I cannot, will not, give up on this one thing.
Mothering.
And so, Elias and I sat and wrote his multiplication facts on construction paper. We cut them out and made them into color-coded flash cards.
And we practiced.
With each correct answer, the air became a little lighter and his shoulders became less tense. And he smiled. And I laughed at his silly jokes...even if they weren't very funny.
Because laughter is the best kind of medicine.
I spent most of my twenties living in the land of what-ifs. Prone to depression since I was thirteen, I have often felt like I was running from sadness, questioning every good and perfect gift God has given me, foreseeing an unforeseeable future where all of these good things (mostly people) would be gone and I'd be alone and depressed.
With cats.
And I don't even like cats.
And thus, in my twenties, I didn't get too close to people. I watched a few friendships fall through the cracks or simply dissipate. I didn't understand balance in terms of humans and so I stood at arm's length so as not to get hurt.
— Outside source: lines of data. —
-- ===== src/Ingestion/Places/Upsert.antt =====
-- backend/app/ingestion/pipeline.py: `upsert_place`.
pub mod Repeat
use khaabo.Prelude.{
  ℕ, suc, Option, none, some, List, [], ◌∷◌, ◌++◌, String, find, str_eq, if◌then◌else◌,
}
use khaabo.Float.{Float, fmax}
use khaabo.Store.{Restaurant}
use khaabo.EntityResolution.{CandidateRestaurant, ResolutionResult, non_empty, resolve_candidate}
use khaabo.Ingestion.Model.{
  RawPlace, City, RestaurantSource, Ingest, Outcome, done, Texts, has_key, flush, ◌>>=◌,
}
use khaabo.Ingestion.Slugs.{unique_slug}
use khaabo.Ingestion.Places.{
  Action, is_ambiguous_match, change_restaurant, find_restaurant, google_aggregates, conflict_id,
  add_alias, incoming_of, add_source, refresh_place,
}

module _ {F : Type 0} ⦃f : Float F⦄ where
  unfoldable pub record_conflict :
      Texts F → City → String → String → ResolutionResult F → Ingest F → Ingest F
  record_conflict texts city incoming reason r s = record s {
    work = record (s.work) {
      conflicts =
          s.work.conflicts
          ++ (record {
            city_id = city.id;
            candidate_a = conflict_id texts r.matched_id;
            candidate_b = conflict_id texts r.runner_up_id;
            similarity = r.similarity;
            incoming = incoming;
            reason = reason;
          }
              ∷ []);
    };
  }

  abbrev new_restaurant : Texts F → ℕ → City → RawPlace F → F → Ingest F → Restaurant F
  new_restaurant texts now city place confidence s = google_aggregates place (record {
    id = s.work.next_id;
    city_id = city.id;
    name = place.name;
    slug = unique_slug texts city.id place.name s.rows.restaurants;
    normalized_name = texts.resolver.normalize_name place.name;
    lat = place.lat;
    lng = place.lng;
    details = place.details;
    data_confidence = confidence;
    review_count = 0;
    google_rating = none;
    google_rating_count = none;
    last_ingested_at = some now;
  })

  -- `session.add(restaurant)`, and its flush
  unfoldable pub create_restaurant :
      Texts F → ℕ → City → RawPlace F → F → Ingest F → Outcome (Ingest F)
  create_restaurant texts now city place confidence s = flush (record s {
    work = record (s.work) {
      next_id = suc (s.work.next_id);
      restaurants = s.work.restaurants ++ (new_restaurant texts now city place confidence s ∷ []);
    };
  })

  -- The branch of a resolution that names a restaurant.
  unfoldable pub match_restaurant :
      Texts F → ℕ → RawPlace F → F → Restaurant F → Ingest F → Ingest F
  match_restaurant texts now place confidence r s =
      let seen = record s {
        work =
            change_restaurant r.id
              (λ x. record (google_aggregates place x) {
                last_ingested_at = some now;
                data_confidence = fmax x.data_confidence confidence;
              })
              s.work;
      } in
      if str_eq (texts.resolver.normalize_name place.name) r.normalized_name
      then seen
      else add_alias texts r.id place.name place.source seen

  unfoldable pub place_made :
      Texts F → ℕ → City → RawPlace F → F → Ingest F → Outcome (Option ℕ × Action × Ingest F)
  place_made texts now city place confidence s =
      create_restaurant texts now city place confidence s >>= λ t.
      done (some s.work.next_id, Action.created, add_source texts place s.work.next_id t)

  unfoldable pub place_matched :
      Texts F → ℕ → RawPlace F → F → ℕ → Ingest F → Option ℕ × Action × Ingest F
  place_matched texts now place confidence id s = elim (find_restaurant id s.work) [
    | none ↦ (none, Action.skipped, s)
    | some r ↦ (
      some r.id,
      Action.updated,
      add_source texts place r.id (match_restaurant texts now place confidence r s),
    )
  ]

  unfoldable pub place_unambiguous :
      Texts F
      → ℕ
      → City
      → RawPlace F
      → ResolutionResult F
      → Ingest F
      → Outcome (Option ℕ × Action × Ingest F)
  place_unambiguous texts now city place r s = elim (non_empty r.matched_id) [
    | none ↦ place_made texts now city place r.confidence s
    | some id ↦ done (place_matched texts now place r.confidence (texts.id_of id) s)
  ]

  unfoldable pub place_resolved :
      Texts F
      → ℕ
      → City
      → RawPlace F
      → ResolutionResult F
      → Ingest F
      → Outcome (Option ℕ × Action × Ingest F)
  place_resolved texts now city place r s =
      let resolved = place_unambiguous texts now city place r s in
      if is_ambiguous_match r.method
      then done (none, Action.conflict, record_conflict texts city place.name "ambiguous_match" r s)
      else resolved

  -- The object that a query returns is the session's own, with its changes.
  abbrev pub loaded : RawPlace F → RestaurantSource → Ingest F → RestaurantSource
  loaded place row s = elim (find (has_key place.source place.external_id) s.work.sources) [
    | none ↦ row
    | some k ↦ k
  ]

  unfoldable pub upsert_place :
      Texts F
      → ℕ
      → City
      → List (CandidateRestaurant F)
      → RawPlace F
      → Ingest F
      → Outcome (Option ℕ × Action × Ingest F)
  upsert_place texts now city candidates place s =
      elim (find (has_key place.source place.external_id) s.rows.sources) [
        | some row ↦ done (refresh_place texts now place (loaded place row s) s)
        | none ↦
            place_resolved texts now city place
              (resolve_candidate texts.resolver (incoming_of place) candidates) s
      ]
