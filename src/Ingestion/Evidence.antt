-- ===== src/Ingestion/Evidence.antt =====
-- backend/app/ingestion/pipeline.py: `store_review` and `_resolve_review_restaurant`.
pub mod Resolved
pub mod Saved
pub mod Stored
use khaabo.Prelude.{
  ℕ, suc, ◌+◌, Bool, true, false, ◌||◌, Option, none, some, List, [], ◌∷◌, ◌++◌, String, find,
  str_eq, if◌then◌else◌,
}
use khaabo.Enums.{ReviewStatus, AiState}
use khaabo.Float.{Float, nought}
use khaabo.Store.{Restaurant, Review}
use khaabo.Ranking.Evidence.{source_quality_for}
use khaabo.EntityResolution.{
  CandidateRestaurant, IncomingPlace, ResolutionResult, non_empty, resolve_candidate,
}
use khaabo.Ingestion.Model.{
  RawReview, City, Ingest, Outcome, done, Texts, source_value, has_review_key, flush, ◌>>=◌,
}
use khaabo.Ingestion.Mentions.{resolve_mention}
use khaabo.Ingestion.Places.{
  Action, is_ambiguous_match, change_restaurant, find_restaurant, add_alias,
}
use khaabo.Ingestion.Places.Upsert.{record_conflict}

module _ {F : Type 0} ⦃f : Float F⦄ where
  open f use {lit, le}

  -- `ResolutionResult.needs_review`
  abbrev pub needs_review : ResolutionResult F → Bool
  needs_review r = r.is_ambiguous || is_ambiguous_match r.method

  abbrev hint_place : RawReview F → String → IncomingPlace F
  hint_place raw hint = record {
    name = hint;
    lat = raw.lat;
    lng = raw.lng;
    source = some (source_value raw.source);
    external_id = none;
  }

  -- The match of a hint, its text remembered as an alias where it differs.
  unfoldable pub hint_matched :
      Texts F → RawReview F → String → ℕ → Ingest F → Option (Restaurant F) × Ingest F
  hint_matched texts raw hint id s = elim (find_restaurant id s.work) [
    | none ↦ (none, s)
    | some r ↦ (
      some r,
      if str_eq (texts.resolver.normalize_name hint) r.normalized_name
          then s
          else add_alias texts r.id hint raw.source s,
    )
  ]

  -- The prose itself.
  unfoldable pub named_in_text :
      Texts F → List (CandidateRestaurant F) → String → Ingest F → Option (Restaurant F) × Ingest F
  named_in_text texts candidates body s = elim (resolve_mention texts body candidates) [
    | none ↦ (none, s)
    | some (id, label) ↦ (find_restaurant (texts.id_of id) s.work, s)
  ]

  -- The id of a resolution that reaches the bar.
  unfoldable pub certain_id : ResolutionResult F → Option String
  certain_id r = elim (non_empty r.matched_id) [
    | none ↦ none
    | some id ↦ if le (lit 9 10) r.confidence then some id else none
  ]

  unfoldable pub hint_resolved :
      Texts F
      → City
      → RawReview F
      → String
      → List (CandidateRestaurant F)
      → String
      → ResolutionResult F
      → Ingest F
      → Option (Restaurant F) × Ingest F
  hint_resolved texts city raw hint candidates body r s = elim (certain_id r) [
    | some id ↦ hint_matched texts raw hint (texts.id_of id) s
    | none ↦
        if needs_review r
        then (none, record_conflict texts city hint "unresolved_review_mention" r s)
        else named_in_text texts candidates body s
  ]

  -- `_resolve_review_restaurant`
  unfoldable pub resolve_review_restaurant :
      Texts F
      → City
      → RawReview F
      → List (CandidateRestaurant F)
      → String
      → Ingest F
      → Option (Restaurant F) × Ingest F
  resolve_review_restaurant texts city raw candidates body s =
      elim (non_empty raw.restaurant_hint) [
        | none ↦ named_in_text texts candidates body s
        | some hint ↦
            hint_resolved texts city raw hint candidates body
              (resolve_candidate texts.resolver (hint_place raw hint) candidates) s
      ]

  abbrev pub new_review : Texts F → ℕ → City → RawReview F → Restaurant F → ℕ → Review F
  new_review texts now city raw target id =
      let body = texts.clean_text raw.text in
      record {
        id = id;
        restaurant_id = target.id;
        city_id = city.id;
        user_id = none;
        source = raw.source;
        title = raw.title;
        body = body;
        rating = raw.rating;
        rating_scale = raw.rating_scale;
        source_quality = source_quality_for raw.source true;
        published_at = raw.published_at;
        ingested_at = some now;
        content_hash = texts.review_fingerprint body raw.author raw.published_at;
        simhash = some (texts.signed_simhash body);
        status = ReviewStatus.published;
        ai_state = AiState.pending;
        ai_attempts = 0;
        is_duplicate = false;
        engagement_score = raw.engagement;
        spam_score = nought;
        like_count = 0;
        report_count = 0;
      }

  -- The new row, with its flush, then its source and the restaurant's count.
  unfoldable pub insert_review :
      Texts F
      → ℕ
      → City
      → RawReview F
      → Restaurant F
      → Ingest F
      → Outcome (Option ℕ × Action × Ingest F)
  insert_review texts now city raw target s =
      let id = s.work.next_id in
      flush (record s {
        work = record (s.work) {
          next_id = suc id;
          reviews = s.work.reviews ++ (new_review texts now city raw target id ∷ []);
        };
      })
      >>= λ t. done (
        some id,
        Action.created,
        record t {
          work =
              record (change_restaurant target.id
                (λ r. record r { review_count = r.review_count + 1 }) t.work) {
                  review_sources =
                      t.work.review_sources
                      ++ (record {
                        review_id = id;
                        source = raw.source;
                        external_id = raw.external_id;
                      }
                          ∷ []);
                };
        },
      )

  unfoldable pub insert_resolved :
      Texts F
      → ℕ
      → City
      → RawReview F
      → Option (Restaurant F) × Ingest F
      → Outcome (Option ℕ × Action × Ingest F)
  insert_resolved texts now city raw (none, s) = done (none, Action.skipped, s)
  insert_resolved texts now city raw (some target, s) = insert_review texts now city raw target s

  -- A review that is not known yet, by its source or by its content.
  unfoldable pub store_unknown :
      Texts F
      → ℕ
      → City
      → Option (Restaurant F)
      → List (CandidateRestaurant F)
      → RawReview F
      → Ingest F
      → Outcome (Option ℕ × Action × Ingest F)
  store_unknown texts now city restaurant candidates raw s = elim restaurant [
    | some target ↦ insert_resolved texts now city raw (some target, s)
    | none ↦
        insert_resolved texts now city raw
          (resolve_review_restaurant texts city raw candidates (texts.clean_text raw.text) s)
  ]

  -- The review that is stored already: by its source, else by its content.
  unfoldable pub known_review : Texts F → RawReview F → Ingest F → Option ℕ
  known_review texts raw s =
      elim (find (has_review_key raw.source raw.external_id) s.rows.review_sources) [
        | some k ↦ some k.review_id
        | none ↦
            let print =
              texts.review_fingerprint (texts.clean_text raw.text) raw.author raw.published_at in
            elim (find (λ r. str_eq r.content_hash print) s.rows.reviews) [
              | some r ↦ some r.id
              | none ↦ none
            ]
      ]

  unfoldable pub store_review :
      Texts F
      → ℕ
      → City
      → Option (Restaurant F)
      → List (CandidateRestaurant F)
      → RawReview F
      → Ingest F
      → Outcome (Option ℕ × Action × Ingest F)
  store_review texts now city restaurant candidates raw s =
      let fresh : Outcome (Option ℕ × Action × Ingest F) = elim (known_review texts raw s) [
        | some id ↦ done (some id, Action.skipped, s)
        | none ↦ store_unknown texts now city restaurant candidates raw s
      ] in
      if str_eq (texts.clean_text raw.text) "" then done (none, Action.skipped, s) else fresh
Without expectations, there can be no disappointment.
But living without expectations is like living in pastels. We go through life avoiding conflict and in turn miss out on the deepest parts of one another as humans.
Without pain, we would not know joy. Without Burnt Sienna, there would be no Cobalt Blue.
Barely doing the splits into my thirties, I like to think I have learned to live a little less in pastels and a little more in vivid colors. I confront a whole lot more, but with more grace than when I was a teenager, before the world taught me that you lose a lot of friends when you speak your mind, especially when you aren't doing it in love (hence the pastels in my twenties).
On the flip-side, I have learned that when someone confronts me, the world isn't ending. My identity is not at stake. This is part of being an adult, after all. I swallow. I accept. I think about their words. And I try to be humble, even though (with certain people) that can be a very daunting task.
I have also learned to laugh a little more, to take each day as it comes and to not (always) live in the land of what-ifs.
These gifts could all be gone tomorrow.
Would I live with regret?
Or would I have loved despite the breaking? Would I remember every detail of my child's face because I took the time to sit next to her on the couch and marvel over each perfection? Would I know that despite the junk of deep, authentic relationships, that I put my heart on the pavement at times?
I do not know these answers for sure.
But in my thirties, I know I'm trying to find them.
So when I am spento, I suppose there is only one thing I can do. It's the same thing I tell my little sisters when they are dealing with the crap of their twenties.
Breathe. One foot in front of the other. Breathe.
And love.
Because there is always someone to love. Right in front of me, in fact.